3.4              En l’espèce, le recourant n’a pas prouvé les propos qu'il prête à l'expert. Ceux-ci ne ressortent en effet pas du procès-verbal de mise en œuvre. L’expert a au contraire exposé de manière convaincante les propos tels qu’ils ont été tenus.

 

              Il existe une différence de taille entre le fait de dire que l'on n'aboutira jamais au résultat voulu et celui de dire que l'on n'a pas eu connaissance d'un cas permettant d'aboutir au résultat voulu. On peut admettre le préconçu dans les propos rapportés par le recourant mais pas dans les explications nuancées de l'expert. Les premiers sont péremptoires, tandis que les seconds sont tout au plus dubitatifs. Autrement dit, les premiers témoignent d'un parti pris quand les seconds font état d'une ouverture d'esprit. A l'évidence, il faut admettre que l'expert n'avait pas d'idée préconçue. Si tel avait été le cas, on ne comprend pas pourquoi il aurait demandé au recourant de lui transmettre la jurisprudence susceptible de justifier la prétention litigieuse.

 

              Ceci posé, le recourant perd de vue que l'expertise n'a pas pour vocation de résoudre des questions juridiques. Or, l'allégué 56 soumis à la preuve par expertise requiert de l’expert qu’il chiffre un manque à gagner. Savoir si ce manque à gagner trouve une assise juridique ou pas est une question de droit. Et l'on comprend aisément à la lecture du procès-verbal du 10 avril 2019 que l'interrogation de l'expert se place non pas sur un terrain factuel, mais sur un terrain juridique. Or ce dernier domaine est du seul ressort du juge. En définitive, le grief du recourant se limite à invoquer une mauvaise connaissance juridique de l'expert.

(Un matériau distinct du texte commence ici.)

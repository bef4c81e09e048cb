-- ===== src/Crypto/Toy.antt =====
-- Stand-in primitives, for the tests: they meet `IsLawful` and keep no secret.
use rdrive.Base.{
  ℕ, ◌+◌, ◌≡◌, refl, ap, Option, some, none, [], ◌∷◌, ◌++◌, arith, Bytes, length, take, replicate,
  length-append, length-replicate, length-take, bytes_eq, bytes_eq_refl, ◌==◌, if◌then◌else◌,
  bytes_eq_refl,
}
use rdrive.Crypto.Interface.{Primitives, IsLawful}

-- The first n bytes, filled up with zeros.
unfoldable pub fit : ℕ → Bytes → Bytes
unfolding take replicate
fit n s = take n (s ++ replicate n 0)

pub length-fit : (n : ℕ) (s : Bytes) → length (fit n s) ≡ n
unfolding fit
length-fit n s = omega (
  arith,
  length-take n (s ++ replicate n 0),
  length-append s (replicate n 0),
  length-replicate {A = ℕ} n 0,
)

unfoldable pub mix : Bytes → Bytes → Bytes
mix [] bs = []
mix (a ∷ as') [] = []
mix (a ∷ as') (b ∷ bs) = (a + b) ∷ mix as' bs

mix_comm : (s t : Bytes) → mix s t ≡ mix t s
unfolding mix
mix_comm [] [] = refl
mix_comm [] (t ∷ ts) = refl
mix_comm (s ∷ ss) [] = refl
mix_comm (s ∷ ss) (t ∷ ts) = let e : s + t ≡ t + s = omega arith in rw (e, mix_comm ss ts)

abbrev pub zero_tag : Bytes
zero_tag = 0 ∷ 0 ∷ 0 ∷ 0 ∷ 0 ∷ 0 ∷ 0 ∷ 0 ∷ 0 ∷ 0 ∷ 0 ∷ 0 ∷ 0 ∷ 0 ∷ 0 ∷ 0 ∷ []

abbrev pub toy_open : Bytes → Bytes → Bytes → Bytes → Option Bytes
toy_open key nonce ciphertext tag = if bytes_eq tag zero_tag then some ciphertext else none

abbrev pub toy : Primitives
toy = record {
  seal = λ key nonce plain. some (plain, zero_tag);
  unseal = toy_open;
  sha256 = fit 32;
  sha512 = fit 64;
  hex = λ s. s;
  unhex = λ s. some s;
  public_of = fit 32;
  sign = λ k m. fit 64 (fit 32 k ++ m);
  verify = λ k m s. bytes_eq s (fit 64 (k ++ m));
  verify_strict = λ k m s. bytes_eq s (fit 64 (k ++ m));
  valid_key = λ k. length k == 32;
  dh_public = fit 32;
  diffie_hellman = λ a b. mix (fit 32 a) b;
  random = λ i n. fit n (i ∷ []);
}

toy_opens :
    (plain ciphertext tag : Bytes)
    → ◌≡◌ {A = Option (Bytes × Bytes)} (some (plain, zero_tag)) (some (ciphertext, tag))
    → (ciphertext ≡ plain) × (tag ≡ zero_tag)
toy_opens plain ciphertext tag h = (cc, cc)

toy_unseal :
    (ciphertext tag plain : Bytes)
    → (if bytes_eq tag zero_tag then some ciphertext else none) ≡ some plain
    → plain ≡ ciphertext
toy_unseal ciphertext tag plain h = ground arith

pub toy-IsLawful : IsLawful toy
toy-IsLawful = record {
  unseal-seal = λ key nonce plain ciphertext tag h.
      let (e, f) = toy_opens plain ciphertext tag h in rw (e, f);
  length-seal = λ key nonce plain ciphertext tag h.
      let (e, f) = toy_opens plain ciphertext tag h in (ap length e, ap length f);
  length-unseal = λ key nonce ciphertext tag plain h. ap length (toy_unseal ciphertext tag plain h);
  length-random = λ i n. length-fit n _;
  length-sha256 = λ s. length-fit 32 s;
  length-sha512 = λ s. length-fit 64 s;
  length-sign = λ k m. length-fit 64 _;
  length-public_of = λ k. length-fit 32 k;
  length-dh_public = λ k. length-fit 32 k;
  verify_strict-sign = λ k m. bytes_eq_refl (fit 64 (fit 32 k ++ m));
  verify-sign = λ k m. bytes_eq_refl (fit 64 (fit 32 k ++ m));
  valid_key-public_of = λ k. rw (length-fit 32 k);
  dh_agree = λ a b. mix_comm (fit 32 a) (fit 32 b);
  unhex-hex = λ s. refl;
}
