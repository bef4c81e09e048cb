-- ===== src/Server/Toy.antt =====
-- A small server for the tests: encodings that are easy to read, an empty disk, and primitives that keep no
-- secret.
pub mod Codecs
use rdrive.Base.{codes, true, false, none, some, [], ◌∷◌, Bytes}
use rdrive.Wire.{Wire, closed}
use rdrive.Locks.{no_locks}
use rdrive.Header.{Codec}
use rdrive.Server.{Site, Server}

-- An encoding that no message needs to be read back from.
abbrev pub opaque_codec : {A : Type 0} → Codec A
opaque_codec = record { serialize = λ a. some (1 ∷ []); deserialize = λ s. none }

abbrev pub site : Site
site = record {
  storage_path = codes "storage" ∷ [];
  storage_dir = codes "storage" ∷ [];
  authorized_client_dir = codes "authorized_keys" ∷ [];
  max_file_size = 1000000000;
  enable_echo = true;
  enable_client_whitelist = true;
  pri_key = 7 ∷ [];
  pub_key = 7 ∷ [];
  client_hello = opaque_codec;
  server_hello = opaque_codec;
  command = opaque_codec;
  echo_debug = opaque_codec;
  upload_response = opaque_codec;
  download_response = opaque_codec;
  error_header = record { serialize = λ e. some (e.code ∷ e.message); deserialize = λ s. none };
  warn_header = opaque_codec;
  status_header = opaque_codec;
  metadata = opaque_codec;
  clock = λ n. n;
  elapsed = λ n. n;
  uptime_hrs = λ n. n;
  rfc3339 = λ n. [];
}

abbrev pub wire_of : Bytes → Wire
wire_of input = record {
  input = input;
  ending = closed;
  output = [];
  fates = [];
  draws = 0;
  pool = [];
  shut = false;
}

abbrev pub server_of : Wire → Server
server_of w = record {
  wire = w;
  disk = record { nodes = []; fates = [] };
  locks = no_locks;
  tracker = record { total_download = 0; total_uploaded = 0; total_bandwidth = 0 };
  limiter = record { buckets = []; max_tokens = 0; refill_rate = 0 };
}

Dès lors que la connaissance juridique de l'expert n'est pas nécessaire à l'accomplissement de sa mission, le grief, pour autant qu'il puisse être celui que voudrait voir figurer le recourant dans l'arrêt, tombe à faux.

 

 

4.              Pour ces motifs, le recours s'avère manifestement infondé et doit être rejeté selon le mode procédural de l'art. 322 al. 1 CPC.

 

              Les frais judiciaires de deuxième instance, arrêtés à 1'055 fr. (art. 69 al. 1 TFJC [tarif des frais judiciaires civils du 28 septembre 2010 ; BLV 270.11.5] sont mis à la charge du recourant, qui succombe (art. 106 al. 1 CPC).

 

              L’intimée n’ayant pas été invitée à se déterminer, il n’y a pas lieu de lui allouer de dépens.

 

 

Par ces motifs,

la Chambre des recours civile du Tribunal cantonal,

prononce :

 

              I.              Le recours est rejeté.

 

              II.              Le prononcé est confirmé.

 

              III.              Les frais judiciaires de deuxième instance, arrêtés à 1'055 fr. (mille cinquante-cinq francs), sont mis à la charge du recourant B.________.

 

              IV.              L’arrêt est exécutoire.

             

Le président :               La greffière :

 

 

 

Du

 

              L'arrêt qui précède, dont la rédaction a été approuvée à huis clos, est notifié à :

 

‑              Me Laurent Schuler (pour B.________),

‑              Me François Logoz (pour D.________).

 

 

              Le présent arrêt peut faire l'objet d'un recours en matière civile devant le Tribunal fédéral au sens des art. 72 ss LTF (loi du 17 juin 2005 sur le Tribunal fédéral ; RS 173.110), cas échéant d'un recours constitutionnel subsidiaire au sens des art. 113 ss LTF. Dans les affaires pécuniaires, le recours en matière civile n'est recevable que si la valeur litigieuse s'élève au moins à 15'000 fr. en matière de droit du travail et de droit du bail à loyer, à 30'000 fr. dans les autres cas, à moins que la contestation ne soulève une question juridique de principe (art. 74 LTF). Ces recours doivent être déposés devant le Tribunal fédéral dans les trente jours qui suivent la présente notification (art. 100 al. 1 LTF).

 

              Cet arrêt est communiqué, par l'envoi de photocopies, à :

 

‑              Mme la Présidente du Tribunal d’arrondissement de Lausanne.